Declare Ssr keywords: 'is' 'by' 'of' '//' '/=' and '//='. We also declare the parsing level 8, as a workaround for a notation grammar factoring problem. Arguments of application-style notations (at level 10) should be declared at level 8 rather than 9 or the camlp4 grammar will not factor properly.

Reserved Notation "(** x 'is' y 'by' z 'of' // /= //= *)" (at level 8).

Reserved Notation "(** 69 *)" (at level 69).

End SsrSyntax.

Export SsrSyntax.

Make the general "if" into a notation, so that we can override it below The notations are "only parsing" because the Coq decompiler won't recognize the expansion of the boolean if; using the default printer avoids a spurrious trailing %GEN_IF.

Delimit Scope general_if_scope with GEN_IF.

Notation "'if' c 'then' v1 'else' v2" :=

(if c then v1 else v2)

(at level 200, c, v1, v2 at level 200, only parsing) : general_if_scope.

Notation "'if' c 'return' t 'then' v1 'else' v2" :=

(if c return t then v1 else v2)

(at level 200, c, t, v1, v2 at level 200, only parsing) : general_if_scope.

Notation "'if' c 'as' x 'return' t 'then' v1 'else' v2" :=

(if c as x return t then v1 else v2)

(at level 200, c, t, v1, v2 at level 200, x ident, only parsing)

: general_if_scope.

Force boolean interpretation of simple if expressions.

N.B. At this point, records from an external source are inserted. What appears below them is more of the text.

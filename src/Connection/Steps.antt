-- ===== src/Connection/Steps.antt =====
-- A connection as a pipe, and what the answers of `recv` and `send` do to it.
use nsu_net_course.Prelude.{◌∙◌, ◌≤◌, ◌∷◌, ◌≡◌, refl, true, is_zero, is_positive, length}
use nsu_net_course.Kernel.{
  Trace, Event, Received, got, no_data, read_error, received, Sent, took, no_room, write_error,
  sent,
}
use nsu_net_course.Kernel.Traffic.{payload}
use nsu_net_course.Connection.{
  Connection, bufsize, after_recv_cf, after_recv_fc, after_send_cf, after_send_fc,
}
use nsu_net_course.Connection.Transfer.{pending_cf, pending_fc}
use nsu_net_course.Connection.Flows.{
  waiting, reads-FlowStep, idle-FlowStep, breaks-FlowStep, delivers-FlowStep, waits-FlowStep,
  is_refused-FlowStep,
}
use nsu_net_course.Connection.Pipe.{Pipe, Step, goes_forth, goes_back, Run, here, next, Run-trans}

abbrev pub pipe_of : Connection → Pipe
pipe_of c = record {
  cf = waiting c.data_cf c.buffer_cf;
  fc = waiting c.data_fc c.buffer_fc;
  to_close = c.to_disconnect;
}

-- From (c, t) to (c', t') by steps of the pipe between the two sockets, which stay.
pub record Pipes (c : Connection) (t : Trace) (c' : Connection) (t' : Trace) : Type 0 where
  pub same_client : c'.client_socket ≡ c.client_socket
  pub same_forward : c'.forwarding_socket ≡ c.forwarding_socket
  pub run : Run c.client_socket c.forwarding_socket (pipe_of c) t (pipe_of c') t'

pub Pipes-still : (c : Connection) (t : Trace) → Pipes c t c t
Pipes-still c t = record { same_client = refl; same_forward = refl; run = here }

pub Pipes-trans :
    {c d e : Connection} {t u v : Trace} → Pipes c t d u → Pipes d u e v → Pipes c t e v
Pipes-trans m n = record {
  same_client = n.same_client ∙ m.same_client;
  same_forward = n.same_forward ∙ m.same_forward;
  run = Run-trans m.run (rw (m.same_client, m.same_forward) at n.run);
}

pub one_step :
    {c d : Connection} {t : Trace} {e : Event}
    → d.client_socket ≡ c.client_socket
    → d.forwarding_socket ≡ c.forwarding_socket
    → Step c.client_socket c.forwarding_socket (pipe_of c) e (pipe_of d)
    → Pipes c t d (e ∷ t)
one_step client forward s = record {
  same_client = client;
  same_forward = forward;
  run = next _ here s;
}

pub after_recv_cf-Pipes :
    (t : Trace) (r : Received) (c : Connection)
    → is_zero c.data_cf ≡ true
    → length (payload r) ≤ bufsize
    → Pipes c t (after_recv_cf r c) (received c.client_socket r ∷ t)
unfolding after_recv_cf
after_recv_cf-Pipes t (got bs) c idle fit = one_step refl refl (
    goes_forth _ _ _ refl (
      reads-FlowStep c.client_socket c.forwarding_socket bs c.data_cf c.buffer_cf c.to_disconnect
        idle fit))
after_recv_cf-Pipes t no_data c idle fit = one_step refl refl (
    goes_forth _ _ _ refl (
      idle-FlowStep c.client_socket c.forwarding_socket c.data_cf c.buffer_cf c.to_disconnect idle))
after_recv_cf-Pipes t read_error c idle fit = one_step refl refl (
    goes_forth _ _ _ refl (
      breaks-FlowStep c.client_socket c.forwarding_socket c.data_cf c.buffer_cf c.to_disconnect
        idle))

pub after_send_cf-Pipes :
    (t : Trace) (r : Sent) (c : Connection)
    → is_positive c.data_cf ≡ true
    → Pipes c t (after_send_cf r c) (sent c.forwarding_socket (pending_cf c) r ∷ t)
unfolding after_send_cf
after_send_cf-Pipes t (took n) c busy = one_step refl refl (
    goes_forth _ _ _ refl (
      delivers-FlowStep c.client_socket c.forwarding_socket n c.data_cf c.buffer_cf c.to_disconnect
        busy))
after_send_cf-Pipes t no_room c busy = one_step refl refl (
    goes_forth _ _ _ refl (
      waits-FlowStep c.client_socket c.forwarding_socket c.data_cf c.buffer_cf c.to_disconnect
        busy))
after_send_cf-Pipes t write_error c busy = one_step refl refl (
    goes_forth _ _ _ refl (
      is_refused-FlowStep c.client_socket c.forwarding_socket c.data_cf c.buffer_cf c.to_disconnect
        busy))

pub after_recv_fc-Pipes :
    (t : Trace) (r : Received) (c : Connection)
    → is_zero c.data_fc ≡ true
    → length (payload r) ≤ bufsize
    → Pipes c t (after_recv_fc r c) (received c.forwarding_socket r ∷ t)
unfolding after_recv_fc
after_recv_fc-Pipes t (got bs) c idle fit = one_step refl refl (
    goes_back _ _ _ refl (
      reads-FlowStep c.forwarding_socket c.client_socket bs c.data_fc c.buffer_fc c.to_disconnect
        idle fit))
after_recv_fc-Pipes t no_data c idle fit = one_step refl refl (
    goes_back _ _ _ refl (
      idle-FlowStep c.forwarding_socket c.client_socket c.data_fc c.buffer_fc c.to_disconnect idle))
after_recv_fc-Pipes t read_error c idle fit = one_step refl refl (
    goes_back _ _ _ refl (
      breaks-FlowStep c.forwarding_socket c.client_socket c.data_fc c.buffer_fc c.to_disconnect
        idle))

pub after_send_fc-Pipes :
    (t : Trace) (r : Sent) (c : Connection)
    → is_positive c.data_fc ≡ true
    → Pipes c t (after_send_fc r c) (sent c.client_socket (pending_fc c) r ∷ t)
unfolding after_send_fc
after_send_fc-Pipes t (took n) c busy = one_step refl refl (
    goes_back _ _ _ refl (
      delivers-FlowStep c.forwarding_socket c.client_socket n c.data_fc c.buffer_fc c.to_disconnect
        busy))
after_send_fc-Pipes t no_room c busy = one_step refl refl (
    goes_back _ _ _ refl (
      waits-FlowStep c.forwarding_socket c.client_socket c.data_fc c.buffer_fc c.to_disconnect
        busy))
after_send_fc-Pipes t write_error c busy = one_step refl refl (
    goes_back _ _ _ refl (
      is_refused-FlowStep c.forwarding_socket c.client_socket c.data_fc c.buffer_fc c.to_disconnect
        busy))
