-- ===== src/Connection/Refinement.antt =====
-- `Connection::exchangeData` as steps of a pipe.
use nsu_net_course.Prelude.{
  List, [], ◌∷◌, ◌≡◌, refl, true, is_zero, is_positive, inl, inr, Bool-cases, le→leb,
}
use nsu_net_course.Kernel.{Kernel, Trace, M, ReadsFit, FdSet, ignored_sigpipe, ◌>>=◌}
use nsu_net_course.Kernel.Returns.{Returns, Returns-bind, Returns-map}
use nsu_net_course.FdSet.{fd_isset}
use nsu_net_course.Connection.{
  Connection, bufsize, pull_cf, pull_fc, push_cf, push_fc, exchange_data,
}
use nsu_net_course.Connection.Transfer.{IsSound, pending_cf, pending_fc}
use nsu_net_course.Connection.Receiving.{payload_fits, after_recv_cf-IsSound, after_recv_fc-IsSound}
use nsu_net_course.Connection.Sending.{after_send_cf-IsSound, after_send_fc-IsSound}
use nsu_net_course.Connection.Relay.{exchange_all}
use nsu_net_course.Connection.Pipe.{ignores, Run-closing}
use nsu_net_course.Connection.Steps.{
  pipe_of, Pipes, Pipes-still, Pipes-trans, one_step, after_recv_cf-Pipes, after_recv_fc-Pipes,
  after_send_cf-Pipes, after_send_fc-Pipes,
}

-- The connection is sound, and has come here by steps of the pipe.
abbrev pub Refines : Connection → Trace → Connection → Trace → Type 0
Refines c t c' t' = IsSound c' × Pipes c t c' t'

pull_cf-Refines :
    (k : Kernel) (rd : FdSet) (c : Connection) (t : Trace)
    → ReadsFit k
    → IsSound c
    → Returns (pull_cf rd c k t) (Refines c t)
unfolding pull_cf fd_isset
pull_cf-Refines k rd c t fit v = elim (Bool-cases (is_zero c.data_cf)) [
  | inr busy ↦ rw busy (v, Pipes-still c t)
  | inl idle ↦ elim (Bool-cases (rd c.client_socket)) [
    | inr quiet ↦ rw (idle, v.client_in_range, quiet) (v, Pipes-still c t)
    | inl ready ↦
        let r = k.receive_from t c.client_socket bufsize in
        let room = payload_fits k t c.client_socket r fit refl in
        rw (idle, v.client_in_range, ready)
          (after_recv_cf-IsSound r c room v, after_recv_cf-Pipes t r c idle room)
  ]
]

pull_fc-Refines :
    (k : Kernel) (rd : FdSet) (c : Connection) (t : Trace)
    → ReadsFit k
    → IsSound c
    → Returns (pull_fc rd c k t) (Refines c t)
unfolding pull_fc fd_isset
pull_fc-Refines k rd c t fit v = elim (Bool-cases (is_zero c.data_fc)) [
  | inr busy ↦ rw busy (v, Pipes-still c t)
  | inl idle ↦ elim (Bool-cases (rd c.forwarding_socket)) [
    | inr quiet ↦ rw (idle, v.forward_in_range, quiet) (v, Pipes-still c t)
    | inl ready ↦
        let r = k.receive_from t c.forwarding_socket bufsize in
        let room = payload_fits k t c.forwarding_socket r fit refl in
        rw (idle, v.forward_in_range, ready)
          (after_recv_fc-IsSound r c room v, after_recv_fc-Pipes t r c idle room)
  ]
]

push_cf-Refines :
    (k : Kernel) (wr : FdSet) (c : Connection) (t : Trace)
    → IsSound c
    → Returns (push_cf wr c k t) (Refines c t)
unfolding push_cf fd_isset
push_cf-Refines k wr c t v = elim (Bool-cases (is_positive c.data_cf)) [
  | inr idle ↦ rw idle (v, Pipes-still c t)
  | inl busy ↦ elim (Bool-cases (wr c.forwarding_socket)) [
    | inr full ↦ rw (busy, v.forward_in_range, full) (v, Pipes-still c t)
    | inl ready ↦
        let r = k.send_to t c.forwarding_socket (pending_cf c) in
        rw (busy, v.forward_in_range, ready, le→leb _ _ v.cf_fits)
          (after_send_cf-IsSound r c v, after_send_cf-Pipes t r c busy)
  ]
]

push_fc-Refines :
    (k : Kernel) (wr : FdSet) (c : Connection) (t : Trace)
    → IsSound c
    → Returns (push_fc wr c k t) (Refines c t)
unfolding push_fc fd_isset
push_fc-Refines k wr c t v = elim (Bool-cases (is_positive c.data_fc)) [
  | inr idle ↦ rw idle (v, Pipes-still c t)
  | inl busy ↦ elim (Bool-cases (wr c.client_socket)) [
    | inr full ↦ rw (busy, v.client_in_range, full) (v, Pipes-still c t)
    | inl ready ↦
        let r = k.send_to t c.client_socket (pending_fc c) in
        rw (busy, v.client_in_range, ready, le→leb _ _ v.fc_fits)
          (after_send_fc-IsSound r c v, after_send_fc-Pipes t r c busy)
  ]
]

-- A step that is one of the pipe for every sound connection.
abbrev pub IsPiped : Kernel → (Connection → M Connection) → Type 0
IsPiped k f = (c : Connection) (t : Trace) → IsSound c → Returns (f c k t) (Refines c t)

IsPiped-then :
    (k : Kernel) (f g : Connection → M Connection)
    → IsPiped k f
    → IsPiped k g
    → IsPiped k (λ c. f c >>= g)
IsPiped-then k f g first second c t v =
    Returns-bind (f c) g (Refines c t) (Refines c t) k t (first c t v) λ d u a.
      Returns-map (g d k u) (Refines d u) (Refines c t) (second d u a.0)
        (λ e w b. (b.0, Pipes-trans a.1 b.1))

pub exchange_data-Refines :
    (k : Kernel) (rd wr : FdSet) → ReadsFit k → IsPiped k (exchange_data rd wr)
unfolding exchange_data
exchange_data-Refines k rd wr fit c t v =
    Returns-map (exchange_data rd wr c k t) (Refines c (ignored_sigpipe ∷ t)) (Refines c t)
      (IsPiped-then k (pull_cf rd) (λ c1. pull_fc rd c1 >>= λ c2. push_cf wr c2 >>= push_fc wr)
        (λ d u. pull_cf-Refines k rd d u fit)
        (IsPiped-then k (pull_fc rd) (λ c2. push_cf wr c2 >>= push_fc wr)
          (λ d u. pull_fc-Refines k rd d u fit)
          (IsPiped-then k (push_cf wr) (push_fc wr) (push_cf-Refines k wr) (push_fc-Refines k wr)))
        c (ignored_sigpipe ∷ t) v)
      (λ d w a. (a.0, Pipes-trans (one_step refl refl (ignores (pipe_of c))) a.1))

-- Any number of rounds of `exchangeData` on a sound connection, whatever `select` reports, are steps
-- of a pipe between its two sockets: a flow reads only when nothing waits in it, and at most what a
-- buffer holds; it passes all that waits to one send, keeps it if that finds no room, and forgets it
-- whatever number the send answers; a read that fails breaks it. The rounds return and the connection stays sound. Reads keep to
-- their buffers.
pub exchange_all-Refines :
    (k : Kernel) (rounds : List (FdSet × FdSet)) (c : Connection) (t : Trace)
    → ReadsFit k
    → IsSound c
    → Returns (exchange_all rounds c k t) (Refines c t)
unfolding exchange_all
exchange_all-Refines k [] c t fit v = (v, Pipes-still c t)
exchange_all-Refines k ((rd, wr) ∷ rest) c t fit v =
    IsPiped-then k (exchange_data rd wr) (exchange_all rest) (exchange_data-Refines k rd wr fit)
      (λ d u. exchange_all-Refines k rest d u fit) c t v

-- Once a sound connection is marked to be disconnected it stays so, through any number of rounds,
-- which all return. Reads keep to their buffers.
pub exchange_all-StaysMarked :
    (k : Kernel) (rounds : List (FdSet × FdSet)) (c : Connection) (t : Trace)
    → ReadsFit k
    → IsSound c
    → c.to_disconnect ≡ true
    → Returns (exchange_all rounds c k t) (λ c' _. c'.to_disconnect ≡ true)
exchange_all-StaysMarked k rounds c t fit v marked =
    Returns-map (exchange_all rounds c k t) (Refines c t) _
      (exchange_all-Refines k rounds c t fit v) (λ d u a. Run-closing a.1.run marked)
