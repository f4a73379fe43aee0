-- ===== src/Connection/Watching.antt =====
-- Which descriptors `Connection::fillSets` puts into the sets.
use nsu_net_course.Prelude.{
  ℤ, Bool, true, false, ◌&&◌, ◌||◌, ◌≡◌, refl, is_zero, is_positive, same, if◌then◌else◌, arith,
}
use nsu_net_course.Kernel.{Kernel, Trace, FdSet, ok}
use nsu_net_course.FdSet.{in_range, with_fd}
use nsu_net_course.Connection.{Connection, Sets, fill_sets}

-- A side is read while its buffer is empty, and written while the other side's buffer is not.
abbrev pub reads : Connection → ℤ → Bool
reads c fd =
    is_zero c.data_fc && same c.forwarding_socket fd || is_zero c.data_cf && same c.client_socket fd

abbrev pub writes : Connection → ℤ → Bool
writes c fd =
    is_positive c.data_fc && same c.client_socket fd
    || is_positive c.data_cf && same c.forwarding_socket fd

abbrev added : Bool → ℤ → FdSet → FdSet
added b fd s = if b then with_fd fd s else s

fill_sets_sets :
    (k : Kernel) (t : Trace) (c : Connection) (s : Sets)
    → in_range c.client_socket ≡ true
    → in_range c.forwarding_socket ≡ true
    → fill_sets c s k t
      ≡ ok
          (
            added
                (is_zero c.data_fc)
                c.forwarding_socket
                (added (is_zero c.data_cf) c.client_socket s.0),
            added
                (is_positive c.data_fc)
                c.client_socket
                (added (is_positive c.data_cf) c.forwarding_socket s.1),
          )
          t
unfolding fill_sets
fill_sets_sets k t c s i j = ground arith

added_member : (b : Bool) (fd : ℤ) (s : FdSet) (g : ℤ) → added b fd s g ≡ b && same fd g || s g
added_member true fd s g = refl
added_member false fd s g = refl

-- `fillSets` on a connection with both sockets in range adds to the read set the sockets whose buffer
-- is empty, and to the write set those for which bytes wait, and nothing else.
pub fill_sets_lem :
    (k : Kernel) (t : Trace) (c : Connection) (s : Sets)
    → in_range c.client_socket ≡ true
    → in_range c.forwarding_socket ≡ true
    → (s' : Sets) × (fill_sets c s k t ≡ ok s' t)
      × ((fd : ℤ) → s'.0 fd ≡ reads c fd || s.0 fd)
      × ((fd : ℤ) → s'.1 fd ≡ writes c fd || s.1 fd)
fill_sets_lem k t c s i j = (
  (
    added (is_zero c.data_fc) c.forwarding_socket (added (is_zero c.data_cf) c.client_socket s.0),
    added (is_positive c.data_fc) c.client_socket
        (added (is_positive c.data_cf) c.forwarding_socket s.1),
  ),
  fill_sets_sets k t c s i j,
  λ fd. ground arith,
  λ fd. ground arith,
)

Delimit Scope boolean_if_scope with BOOL_IF.

Notation "'if' c 'return' t 'then' v1 'else' v2" :=

(if c%bool is true in bool return t then v1 else v2) : boolean_if_scope.

Notation "'if' c 'then' v1 'else' v2" :=

(if c%bool is true in bool return _ then v1 else v2) : boolean_if_scope.

Notation "'if' c 'as' x 'return' t 'then' v1 'else' v2" :=

(if c%bool is true as x in bool return t then v1 else v2) : boolean_if_scope.

Open Scope boolean_if_scope.

To allow a wider variety of notations without reserving a large number of identifiers, the ssreflect library systematically uses "forms" to enclose complex mixfix syntax. A "form" is simply a mixfix expression enclosed in square brackets and introduced by a keyword: [keyword ... ] Because the keyword follows a bracket it does not need to be reserved. Non-ssreflect libraries that do not respect the form syntax (e.g., the Coq Lists library) should be loaded before ssreflect so that their notations do not mask all ssreflect forms.

Delimit Scope form_scope with FORM.

Open Scope form_scope.

Open Scope form_scope.

Allow the casual use of notations like nat * nat for explicit Type declarations. Note that (nat * nat : Type) is NOT equivalent to (nat * nat)%type, whose inferred type is legacy type "Set".

Notation "T : 'Type'" := (T%type : Type) (at level 100, only parsing).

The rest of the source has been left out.